### What you will do
Your task is to copy the stretch of lines in the records below that begins with the line containing "calls-Ended h k n q (c" and ends with the line containing "Adds-Ended h q", exactly as written, with nothing added.

____ Data records

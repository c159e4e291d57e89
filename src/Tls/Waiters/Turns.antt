-- ===== src/Tls/Waiters/Turns.antt =====
-- The order of the waiters, and the turn of each.
use tls.Base.{
  ℕ, ◌+◌, ◌-◌, ◌≤◌, ◌<◌, ◌≡◌, ◌⊎◌, refl, sym, ◌∙◌, inl, inr, Option-cases, Result-cases, Bool, none,
  some, ok, List, [], ◌∷◌, ◌++◌, arith, subst,
}
use tls.Tls.Waiters.{
  Resource, recv, handshake_egress, Lanes, Fate, claimed, retried, taken, cancelled, Queue,
  QueueCall, registers, takes, wakes, drops, cancels, register, take_waiter, wake, cancel,
  drop_registration, call, calls,
}
use tls.Tls.Waiters.Credits.{ends}
use tls.Tls.Waiters.Waits.{
  joined, headed, Without, Waits, Waits-joined, kept_place, is_one, Waits-headed, Waits-Without,
  some_entry,
}
use tls.Tls.Waiters.Fated.{Ended, Adds, Ended-Adds, Adds-Ended, IsEnd, single_end, calls-Adds}

module _ ⦃l : Lanes⦄ where
  open l use {Held, Fifo, insert, pop_front, remove_if, rollback}

  -- A lane is first in, first out, and a removal or a rollback takes one entry out of it.
  pub record TurnLaws : Type 0 where
    pub lane : Resource → Fifo → List Held
    pub insert-joined :
        (kind k : Resource) (f : Fifo) (i : ℕ) (h : Held) {f' : Fifo}
        → insert kind f i h ≡ ok f'
        → lane k f' ≡ joined kind k (lane k f) h
    pub pop_front-none : (kind : Resource) (f : Fifo) → pop_front kind f ≡ none → lane kind f ≡ []
    pub pop_front-headed :
        (kind k : Resource) (f : Fifo) {h : Held} {f' : Fifo}
        → pop_front kind f ≡ some (h, f')
        → lane k f ≡ headed kind k h (lane k f')
    pub remove_if-Without :
        (k : Resource) (f : Fifo) (i : ℕ) (t : Held → Bool) {h : Held} {f' : Fifo}
        → remove_if f i t ≡ some (h, f')
        → Without h (lane k f) (lane k f')
    pub rollback-Without :
        (kind k : Resource) (f : Fifo) {h : Held} {f' : Fifo}
        → rollback kind f ≡ some (h, f')
        → Without h (lane k f) (lane k f')

module _ ⦃l : Lanes⦄ where
  unfoldable pub pops : Resource → QueueCall → ℕ
  unfolding is_one
  pops k (registers kind credit) = 0
  pops k (takes kind) = is_one kind k
  pops k (wakes kind) = is_one kind k
  pops k (drops kind) = 0
  pops k (cancels target) = 0

  unfoldable pub turns : Resource → List QueueCall → ℕ
  turns k [] = 0
  turns k (c ∷ cs) = pops k c + turns k cs

module _ ⦃l : Lanes⦄ (laws : TurnLaws) where
  open l use {Held, pop_front, insert, remove_if, rollback, slot, id, same_id}
  open laws use {lane}

  -- `h` has come to its end, or waits with fewer before it.
  abbrev Turned : Held → Resource → ℕ → ℕ → Queue → Queue → Type 0
  Turned h k n popped q q' =
      Ended h q q' ⊎ (Adds q q' × (popped ≤ n) × Waits h (n - popped) (lane k q'.waiters))

  as_before :
      (h : Held) (k : Resource) (n : ℕ) (q : Queue) (new : List (Fate Held)) (w : l.Fifo)
      → Waits h n (lane k w)
      → Turned h k n 0 q (record { waiters = w; fates = new ++ q.fates })
  as_before h k n q new w v =
      let (le, v') = kept_place h n (lane k w) v in inr ((new, refl), le, v')

  unpopped :
      (h : Held) (kind k : Resource) (n : ℕ) (q : Queue)
      → pop_front kind q.waiters ≡ none
      → Waits h n (lane k q.waiters)
      → Turned h k n (is_one kind k) q q
  unfolding is_one
  unpopped h recv recv n q e w =
      absurd (some_entry h w.before w.behind (sym (laws.pop_front-none recv q.waiters e) ∙ w.found))
  unpopped h recv handshake_egress n q e w = as_before h handshake_egress n q [] q.waiters w
  unpopped h handshake_egress recv n q e w = as_before h recv n q [] q.waiters w
  unpopped h handshake_egress handshake_egress n q e w = absurd (
      some_entry h w.before w.behind
        (sym (laws.pop_front-none handshake_egress q.waiters e) ∙ w.found))

  popped :
      (h g : Held) (kind k : Resource) (n : ℕ) (q : Queue) (f : Fate Held) (w : l.Fifo)
      → IsEnd f g
      → pop_front kind q.waiters ≡ some (g, w)
      → Waits h n (lane k q.waiters)
      → Turned h k n (is_one kind k) q (record { waiters = w; fates = f ∷ q.fates })
  popped h g kind k n q f w is_end e v =
      elim (Waits-headed kind k h g n (lane k w)
        (subst (Waits h n) (laws.pop_front-headed kind k q.waiters e) v)) [
          | inl it ↦ inl (single_end h g q f w is_end it)
          | inr (le, v') ↦ inr ((f ∷ [], refl), le, v')
        ]

  withdrawn :
      (h g : Held) (k : Resource) (n : ℕ) (q : Queue) (w : l.Fifo)
      → Without g (lane k q.waiters) (lane k w)
      → Waits h n (lane k q.waiters)
      → Turned h k n 0 q (record { waiters = w; fates = cancelled g ∷ q.fates })
  unfolding ends
  withdrawn h g k n q w gone v = elim (Waits-Without h g n _ _ gone v) [
    | inl it ↦ inl (single_end h g q (cancelled g) w refl it)
    | inr v' ↦ as_before h k n q (cancelled g ∷ []) w v'
  ]

  call-Turned :
      (h : Held) (k : Resource) (n : ℕ) (q : Queue) (c : QueueCall)
      → Waits h n (lane k q.waiters)
      → Turned h k n (pops k c) q (call q c)
  unfolding call pops register take_waiter wake cancel drop_registration ends
  call-Turned h k n q (registers kind g) v =
      elim (Result-cases (insert kind q.waiters (slot (id g)) g)) [
        | inr (x, e) ↦ rw (e, call, register) (as_before h k n q [] q.waiters v)
        | inl (w, e) ↦
            rw (e, call, register)
              (as_before h k n q (claimed g ∷ []) w (
                subst (Waits h n) (sym (laws.insert-joined kind k q.waiters (slot (id g)) g e))
                  (Waits-joined kind k h g n (lane k q.waiters) v)))
      ]
  call-Turned h k n q (takes kind) v = elim (Option-cases (pop_front kind q.waiters)) [
    | inl e ↦ rw (e, call, take_waiter) (unpopped h kind k n q e v)
    | inr ((g, w), e) ↦ rw (e, call, take_waiter) (popped h g kind k n q (taken g) w refl e v)
  ]
  call-Turned h k n q (wakes kind) v = elim (Option-cases (pop_front kind q.waiters)) [
    | inl e ↦ rw (e, call, wake, take_waiter) (unpopped h kind k n q e v)
    | inr ((g, w), e) ↦
        rw (e, call, wake, take_waiter) (popped h g kind k n q (retried g) w refl e v)
  ]
  call-Turned h k n q (drops kind) v = elim (Option-cases (rollback kind q.waiters)) [
    | inl e ↦ rw (e, call, drop_registration) (as_before h k n q [] q.waiters v)
    | inr ((g, w), e) ↦
        rw (e, call, drop_registration)
          (withdrawn h g k n q w (laws.rollback-Without kind k q.waiters e) v)
  ]
  call-Turned h k n q (cancels target) v =
      elim (Option-cases (remove_if q.waiters (slot target) (λ guard. same_id (id guard) target))) [
        | inl e ↦ rw (e, call, cancel) (as_before h k n q [] q.waiters v)
        | inr ((g, w), e) ↦
            rw (e, call, cancel)
              (withdrawn h g k n q w (laws.remove_if-Without k q.waiters (slot target) _ e) v)
      ]

  -- Whoever waits in a lane comes to its turn, whatever else happens. If `n` others stand before it,
  -- then over any history in which more than `n` credits are to be taken from the front of its lane,
  -- its credit is retried, taken or cancelled.
  pub calls-Ended :
      (h : Held) (k : Resource) (n : ℕ) (q : Queue) (cs : List QueueCall)
      → Waits h n (lane k q.waiters)
      → n < turns k cs
      → Ended h q (calls q cs)
  unfolding calls turns
  calls-Ended h k n q [] v lt = absurd (omega arith)
  calls-Ended h k n q (c ∷ cs) v lt = elim (call-Turned h k n q c v) [
    | inl done_now ↦
        Ended-Adds h q (call q c) (calls (call q c) cs) done_now (calls-Adds (call q c) cs)
    | inr (added, le, v') ↦
        Adds-Ended h q (call q c) (calls (call q c) cs) added
          (calls-Ended h k (n - pops k c) (call q c) cs v' (omega (arith, lt, le)))
  ]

________

### Written answer
  calls-Ended h k n q (c ∷ cs) v lt = elim (call-Turned h k n q c v) [
    | inl done_now ↦
        Ended-Adds h q (call q c) (calls (call q c) cs) done_now (calls-Adds (call q c) cs)
    | inr (added, le, v') ↦
        Adds-Ended h q (call q c) (calls (call q c) cs) added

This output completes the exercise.